Drugmakers Sanofi and Johnson & Johnson announced yesterday that they're pulling the plug on a phase 3 trial of their joint vaccine candidate for extraintestinal pathogenic Escherichia coli.
The companies said in a news release that in a scheduled review of the E.mbrace 3 trial, an independent data monitoring committee (IDMC) determined that the vaccine—ExPEC9V—was not sufficiently effective at preventing invasive E coli disease (IED) compared with placebo and recommended discontinuing the study. Initiated in 2021, the trial was testing the efficacy, safety, and immunogenicity of the vaccine in preventing IED, which includes sepsis and bloodstream infections, in adults 60 and older.

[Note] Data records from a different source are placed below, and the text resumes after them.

-- ===== src/Records/Trim.antt =====
-- task_debug.go: how many records are kept.
use pepperbus.Base.{
  ℕ, zero, suc, ◌<◌, ◌≤◌, ◌≡◌, refl, ◌∙◌, List, [], ◌∷◌, Bool, true, false, length, leb, take,
  arith, if◌then◌else◌, inl, inr, Bool-cases,
}
use pepperbus.Base.Int.{pos, leb_ℤ}
use pepperbus.Base.Text.{Text, text_eq, text_eq_refl}
use pepperbus.Records.{task_key, task_info, add_task, trimmed}
use pepperbus.Redis
use pepperbus.Redis.Wire.{Server, ok}
use pepperbus.Redis.Healthy.{Healthy}
use pepperbus.Redis.Laws.{llen_answer}

-- What a list of records becomes.
abbrev pub kept : Text → List Text → List Text
kept info old = if leb 100 (suc (length old)) then take 51 (info ∷ old) else info ∷ old

leb_pos : (m n : ℕ) → leb_ℤ (pos m) (pos n) ≡ leb m n
leb_pos m n = ground arith

take_short : (n : ℕ) (xs : List Text) → length (take n xs) ≤ n
take_short zero xs = omega arith
take_short (suc n) [] = omega arith
take_short (suc n) (x ∷ xs) = omega (arith, take_short n xs)

kept_short : (info : Text) (old : List Text) → length old < 100 → length (kept info old) < 100
kept_short info old few = elim (Bool-cases (leb 100 (suc (length old)))) [
  | inl full ↦ rw full (omega (arith, take_short 50 old))
  | inr free ↦ rw free (ground (arith, free))
]

choose :
    (full hit : Bool) (x y z : List Text)
    → (if full then (if hit then x else if hit then y else z) else if hit then y else z)
      ≡ (if hit then (if full then x else y) else z)
choose true true x y z = refl
choose true false x y z = refl
choose false true x y z = refl
choose false false x y z = refl

module _ (server : Server) (h : Healthy server) where
  open server use {Store}

  pushed_items :
      (key v : Text) (s : Store) (j : Text)
      → h.items (Redis.lpush server key (v ∷ []) s).1 j
        ≡ (if text_eq key j then v ∷ h.items s key else h.items s j)
  unfolding Redis.lpush
  pushed_items key v s j = h.lpush_items key (v ∷ []) s j

  trimmed_items :
      (key : Text) (n : ℕ) (s : Store) (j : Text)
      → h.items (trimmed server key (ok (pos n)) s) j ≡ (
          if leb 100 n
          then (if text_eq key j then take 51 (h.items s key) else h.items s j)
          else h.items s j)
  unfolding Redis.ltrim
  trimmed_items key n s j = elim (Bool-cases (leb 100 n)) [
    | inl full ↦ rw (leb_pos 100 n, full) (h.ltrim_items key 50 s j)
    | inr free ↦ rw (leb_pos 100 n, free) refl
  ]

  -- LPUSH, LLEN and the trimming, on one list.
  record_items :
      (key info : Text) (s : Store) (j : Text)
      → (let s1 = (Redis.lpush server key (info ∷ []) s).1 in
          let (count, s2) = Redis.llen server key s1 in
          h.items (trimmed server key count s2) j
          ≡ (if text_eq key j then kept info (h.items s key) else h.items s j))
  record_items key info s j =
      let s1 = (Redis.lpush server key (info ∷ []) s).1 in
      let s2 = (Redis.llen server key s1).1 in
      let (count, same) = llen_answer server h key s1 in
      let here : h.items s1 key ≡ info ∷ h.items s key =
        pushed_items key info s key ∙ rw (text_eq_refl key) refl in
      rw (count, here)
        (trimmed_items key (suc (length (h.items s key))) s2 j
          ∙ rw (same key, same j, here, pushed_items key info s j)
              (choose (leb 100 (suc (length (h.items s key)))) (text_eq key j) _ _ _))

  -- With the debugging on, `AddTask` puts the record in front of those of its queue, and keeps the
  -- newest 51 once there are 100, so that fewer than 100 stay; every other list stays as it was.
  -- (For a healthy server.)
  pub add_task_lem :
      (q now task : Text) (s : Store)
      → let key = task_key q in
        let s' = add_task server true q now task s in
        ((j : Text)
          → h.items s' j
            ≡ (if text_eq key j then kept (task_info now task) (h.items s key) else h.items s j))
        × (length (h.items s key) < 100 → length (h.items s' key) < 100)
  unfolding add_task
  add_task_lem q now task s =
      let key = task_key q in
      let info = task_info now task in
      (
        record_items key info s,
        λ few.
            rw (record_items key info s key, text_eq_refl key)
              (kept_short info (h.items s key) few),
      )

Extraintestinal pathogenic E coli causes an estimated 10 million cases of IED annually and is a leading cause of sepsis, particularly in older adults with chronic illnesses.
Disappointing findings
"E. coli sepsis is a devastating disease and there are no preventative measures available to date," said Jean-Francois Toussaint, PhD, MBA, Sanofi's global head of vaccine research and development. "We are disappointed to see that the vaccine was not associated with sufficient efficacy to support the trial continuation, and we will work tirelessly to understand the factors behind the IDMC's finding and to share further analysis once available."
Sanofi entered into agreement with Johnson & Johnson in October 2023 to co-fund future research and development costs for the vaccine, which was developed by Johnson & Johnson subsidiary Janssen Pharmaceuticals.
No safety events related to the vaccine were identified in the trial, and investigators said participants who developed IED received prompt treatment and care.